Crunch time makes it "survival of the fittest"

CONSUMERS are feeling increasingly worse off month-by-month as their disposable income dwindles, according to new research examining the effects of the credit crunch.
And consumer spending is predicted to slow to to just 0.5% next year, accountancy firm PricewaterhouseCoopers has warned.
Almost 60% of consumers surveyed by PwC said they were concerned that their household will be worse off in the next 12 months – up from 37% questioned in April.
PwC said although many observers and commentators were comparing today’s economic climate to that of the early 1990s, when the last recession took place, it may be an unfair benchmark.
Randal Casson, retail partner at PricewaterhouseCoopers in Yorkshire, said certain categories of consumer spending had shifted from being “discretionary” to “essential”, such as eating out, holidays and mobile phones.
It is also believed that some forms of consumer spend may have become more discretionary in nature, such as clothes and grocery shopping.
Mr Casson said: “The performance of certain retailers and categories during the 1990s recession gives an indication of the winners and losers of the current downturn.
“However a lot has changed over the last 15 years.
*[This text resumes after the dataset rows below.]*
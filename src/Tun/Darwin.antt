-- ===== src/Tun/Darwin.antt =====
-- internal/tun/tun_darwin.go: Read, Write and Close, with the four bytes that utun puts before a packet.
use dnn_daemon.Common.{
  ℕ, ◌+◌, ◌-◌, ◌/◌, ◌≤◌, ◌≡◌, refl, false, Option, none, some, ◌∷◌, ◌++◌, ltb, ◌==◌, if◌then◌else◌,
  length, take, drop, is_nil, get_or, arith, take_whole, Bool, not, ◌&&◌,
}
use dnn_daemon.Common.Bytes.{Bytes}
use dnn_daemon.Net.{word}
use dnn_daemon.Tun.{
  Device, close, Received, received, read_closed, read_failed, short_read, Sent, sent, write_closed,
  write_failed, file_read,
}
use dnn_daemon.Tun.Linux

-- `copy(buf, fullBuf[4:n])`, with what the file gave
abbrev unframed : ℕ → Option Bytes → Received
unframed room none = read_failed
unframed room (some got) =
    if ltb (length got) 4 then short_read else received (take room (drop 4 got))

-- By the room in the buffer and the next packet of the file.
unfoldable pub read : Device → ℕ → Option Bytes → Received
read t room packet = if t.closed then read_closed else unframed room (file_read (room + 4) packet)

-- AF_INET or AF_INET6 of macOS, by the version of the packet
unfoldable pub family : Bytes → ℕ
family buf =
    if is_nil buf
    then 0
    else if get_or buf 0 0 / 16 == 4
    then 2
    else if get_or buf 0 0 / 16 == 6
    then 30
    else 0

abbrev pub frame : Bytes → Bytes
frame buf = 0 ∷ 0 ∷ (word (family buf) ++ buf)

abbrev taken : Bytes → Option ℕ → Sent
taken full_buf none = write_failed full_buf
taken full_buf (some n) = sent (n - 4) full_buf

-- By the number of bytes that the file takes; `none` is its error.
unfoldable pub write : Device → Bytes → Option ℕ → Sent
write t buf took = if t.closed then write_closed else taken (frame buf) took

abbrev is_ip : ℕ → Bytes → Bool
is_ip version buf = not (is_nil buf) && get_or buf 0 0 / 16 == version

unframed-frame :
    (room : ℕ) (buf : Bytes)
    → length buf ≤ room
    → unframed room (file_read (room + 4) (some (frame buf))) ≡ received buf
unframed-frame room buf fits =
    let long : ltb (length (frame buf)) 4 ≡ false = ground arith in
    rw (take_whole (room + 4) (frame buf) (omega (arith, fits)), long, take_whole room buf fits)
      refl

-- A packet that one device hands to its file is read back whole by another with room for it, and is
-- handed over behind three zeros and a byte for its version: 2 for IPv4, 30 for IPv6 and 0 for any other. A device that is closed reads
-- and writes nothing, on Linux too.
read-write :
    (t u : Device) (buf : Bytes) (room : ℕ) (packet : Option Bytes) (took : Option ℕ)
    → t.closed ≡ false
    → u.closed ≡ false
    → length buf ≤ room
    → (write t buf (some (length buf + 4)) ≡ sent (length buf) (frame buf))
      × (read u room (some (frame buf)) ≡ received buf)
      × (frame buf ≡ 0 ∷ 0 ∷ 0 ∷ (if is_ip 4 buf then 2 else if is_ip 6 buf then 30 else 0) ∷ buf)
      × (read (close t) room packet ≡ read_closed)
      × (write (close t) buf took ≡ write_closed)
      × (Linux.read (close t) room packet ≡ read_closed)
      × (Linux.write (close t) buf took ≡ write_closed)
unfolding read write family Linux.read Linux.write
read-write t u buf room packet took a b fits =
    let count : length buf + 4 - 4 ≡ length buf = omega arith in
    (rw (a, count) refl, rw b (unframed-frame room buf fits), ground arith, refl, refl, refl, refl)
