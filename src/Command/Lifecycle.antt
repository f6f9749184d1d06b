-- ===== src/Command/Lifecycle.antt =====
-- What every operation of the program may do to the commands: keep them, move them along the state
-- machine only, leave their request as it was, and record each move as an event.
pub mod Transition
use veyaan_core_backend.Prelude.{
  ℕ, Bool, true, not, ◌||◌, Option, none, some, List, [], ◌∷◌, ◌++◌, any, ◌≡◌, refl, subst, sym,
}
use veyaan_core_backend.Database.{Database}
use veyaan_core_backend.Database.Session.{Session, Tx}
use veyaan_core_backend.Command.Model.{
  CommandState, received, awaiting_approval, approved, rejected, cancelled, expired,
  blocked_by_emergency_stop, same, Command, CommandStateEvent,
}
use veyaan_core_backend.Command.StateMachine.{find_command, contains}
use veyaan_core_backend.Command.StateMachine.Moves.{accepts}
use veyaan_core_backend.Command.StateMachine.Writes.{SameRequest, trace}

-- A path of moves that the state machine accepts.
pub data Reaches (a : CommandState) : CommandState → Type 0 where
  here : Reaches a a
  move : {b : CommandState} → Reaches a b → (c : CommandState) → accepts b c ≡ true → Reaches a c

pub Reaches-trans : {a b c : CommandState} → Reaches a b → Reaches b c → Reaches a c
Reaches-trans p here = p
Reaches-trans p (move q d h) = move (Reaches-trans p q) d h

-- A list of events is a chain from one state to another: each starts where the one before it ended,
-- the first of all enters RECEIVED, and each other is a move that the state machine accepts.
abbrev pub Permitted : Option CommandState → CommandState → Type 0
Permitted none s = s ≡ received
Permitted (some a) s = accepts a s ≡ true

abbrev pub Chain : Option CommandState → List CommandStateEvent → Option CommandState → Type 0
Chain a [] b = a ≡ b
Chain a (e ∷ es) b =
    (e.previous_state ≡ a) × Permitted a e.new_state × Chain (some e.new_state) es b

pub Chain-append :
    (a b c : Option CommandState) (es fs : List CommandStateEvent)
    → Chain a es b
    → Chain b fs c
    → Chain a (es ++ fs) c
Chain-append a b c [] fs h g = subst (λ o. Chain o fs c) (sym h) g
Chain-append a b c (e ∷ es) fs h g = (h.0, h.1, Chain-append (some e.new_state) b c es fs h.2 g)

abbrev pub state_of : Option Command → Option CommandState
state_of none = none
state_of (some c) = some c.state

-- The events of command `j` lead from nothing to the state of its row.
abbrev pub IsRecorded : ℕ → Database → Type 0
IsRecorded j db = Chain none (trace j db) (state_of (find_command j db))

abbrev pub visits : CommandState → List CommandStateEvent → Bool
visits s es = any (λ e. same e.new_state s) es

-- The states in which a command that needs an approval may be, and has none.
abbrev pub without_approval : List CommandState
without_approval =
    awaiting_approval ∷ rejected ∷ cancelled ∷ expired ∷ blocked_by_emergency_stop ∷ []

-- A command that needs an approval is in one of these states, or was approved.
abbrev pub is_gated : Option Command → List CommandStateEvent → Bool
is_gated none es = true
is_gated (some c) es =
    not c.requires_approval || (contains c.state without_approval || visits approved es)

abbrev pub IsGated : ℕ → Database → Type 0
IsGated j db = is_gated (find_command j db) (trace j db) ≡ true

-- The events of `j` in `b` are those in `a`, and then a chain from its old state to its new one.
pub record Extends (j : ℕ) (a b : Database) : Type 0 where
  pub events : List CommandStateEvent
  pub trace_eq : trace j b ≡ trace j a ++ events
  pub chain : Chain (state_of (find_command j a)) events (state_of (find_command j b))

-- How a command stands after an operation.
pub record Continues (a b : Command) : Type 0 where
  pub same_request : SameRequest a b
  pub reaches : Reaches a.state b.state

pub record Lifecycle (a b : Database) : Type 0 where
  pub commands :
      (j : ℕ) (c : Command)
      → find_command j a ≡ some c
      → (d : Command) × (find_command j b ≡ some d) × Continues c d
  pub extends : (j : ℕ) → Extends j a b
  pub gated : (j : ℕ) → IsGated j a → IsGated j b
New ‘value’ players have emerged, additional space has been added, and consumers have been spending more on discretionary items – treating themselves to luxury ready meals, or snapping up a cheap catwalk copy top only to throw it away after a couple of uses. As a result, some sectors will be hit differently this time around.”
He said that consumer sentiment was worsening, with the downturn hitting those who are less well-off harder. However, the most pessimistic groups in the survey were lower income groups and older consumers.
Nearly seven in 10 respondents think their household will be worse off – of which three in 10 think they will be much worse off and seven in 10 consumers over 65 think they will be worse off in the next 12 months.
The survey found that younger age groups think their household income is more resilient, with 26% of 18 to 24 year olds thinking that they will be better off.
As consumer spending tightens, PwC said the proportion spent on discretionary categories within the leisure and retail sectors was likely to decline, and that this was already apparent evidenced by the recent flurry of profit warnings, worse than expected trading statements and a 28% rise in retail administrations.
Mr Casson added: “Many retailers and leisure operators succeeded in growing through the early 1990s. Then, as now, key to success is a differentiated proposition, a focus on offering consumers value for money, and continued management focus.
The downturn should not be an excuse for retailers to stop investing for the future; it can be an opportunity to restructure or pause for breath. It’s about the survival of the fittest.”